130,140: Semiconductor Chip

150: metal spacer

F: Bond Finger

151: connection

BACKGROUND OF THE INVENTION 1. Field of the Invention The present invention relates to a multi-chip package and a method of manufacturing the same. In particular, a metal spacer is interposed between the semiconductor chips to secure a wire bonding loop gap, and the metal spacer is connected to a metal plate formed along the periphery of the substrate. The present invention relates to a multi-chip package capable of dissipating heat quickly and a manufacturing method thereof.

Recently, researches for implementing high density multi-chip packages by actively increasing the number of semiconductor chips accommodated in the multi-chip packages have been actively conducted.

When the chip is stacked using the bonding wire, it is necessary to secure a gap (height) for the wire bonding loop between the upper chip and the lower chip. As a method for securing a gap, a method of using a material such as a tape or an epoxy and a method of using a bare silicon are used.

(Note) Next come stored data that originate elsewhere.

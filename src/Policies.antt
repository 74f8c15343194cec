-- ===== src/Policies.antt =====
-- ResourceOwnerPolicy (src/common/policies/resource-owner.policy.ts): who may act for an
-- organization.
pub mod Setup
use guardian_backend_service.Prelude.{
  ℕ, Bool, List, ◌==◌, ◌&&◌, ◌||◌, not, includes, any_of, first_of_two, is_the, nat_eq, is_some,
  true, false, Option, none, some,
}
use guardian_backend_service.Prelude.Effect.{
  ◌>>=◌, ◌>>◌, pure, branch, throw_if, some_or_throw, gets, no_org_access, job_not_found,
  guardian_scope_mismatch,
}
use guardian_backend_service.Data.{
  role_eq, super_admin, ops_admin, AuthUser, Assignment, Job, Action, find_job,
}
use guardian_backend_service.Prelude.Table.{Table, find_where}

abbrev pub is_ops : AuthUser → Bool
is_ops actor = includes actor.roles super_admin || includes actor.roles ops_admin

-- the row of organization_users
abbrev pub is_member : ℕ → ℕ → List (ℕ × ℕ) → Bool
is_member org user members = any_of (λ m. m.0 == org && m.1 == user) members

abbrev pub claims_org : ℕ → AuthUser → Bool
claims_org org actor =
    is_the (first_of_two actor.active_org_id actor.org_id) org
    || includes actor.organization_ids org

unfoldable pub has_org_access : ℕ → AuthUser → List (ℕ × ℕ) → Bool
has_org_access org actor members =
    is_ops actor || (claims_org org actor && is_member org actor.sub members)

unfoldable pub assert_org_member : ℕ → AuthUser → Action (Unit {0})
unfolding has_org_access
assert_org_member org actor = do
  members ← gets λ s. s.members
  throw_if (not (has_org_access org actor members)) no_org_access

abbrev pub works_on : ℕ → Option ℕ → Table Assignment → Bool
works_on job none t = false
works_on job (some guardian) t =
    is_some (find_where (λ a. a.job_id == job && a.guardian_id == guardian) t)

unfoldable pub assert_job_access : ℕ → AuthUser → Action Job
unfolding find_job assert_org_member
assert_job_access id actor = do
  job ← some_or_throw (← find_job id) job_not_found
  rows ← gets λ s. s.assignments
  branch (is_ops actor || works_on id actor.guardian_id rows) (pure job)
      (do assert_org_member job.organization_id actor; pure job)

unfoldable pub assert_guardian_self : ℕ → AuthUser → Action (Unit {0})
assert_guardian_self guardian actor =
    throw_if (not (is_ops actor) && not (is_the actor.guardian_id guardian)) guardian_scope_mismatch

1 is a longitudinal cross-sectional view showing a conventional multi-chip package.

Referring to FIG. 1, in the conventional multichip package 10, semiconductor chips 12 and 13 are stacked on a substrate 11, and the semiconductor chips 12 and 13 are connected to the substrate 11. In order to secure the wire loop gap of the bonding wire, the silicon spacers 14 are interposed between the semiconductor chips 12 and 13.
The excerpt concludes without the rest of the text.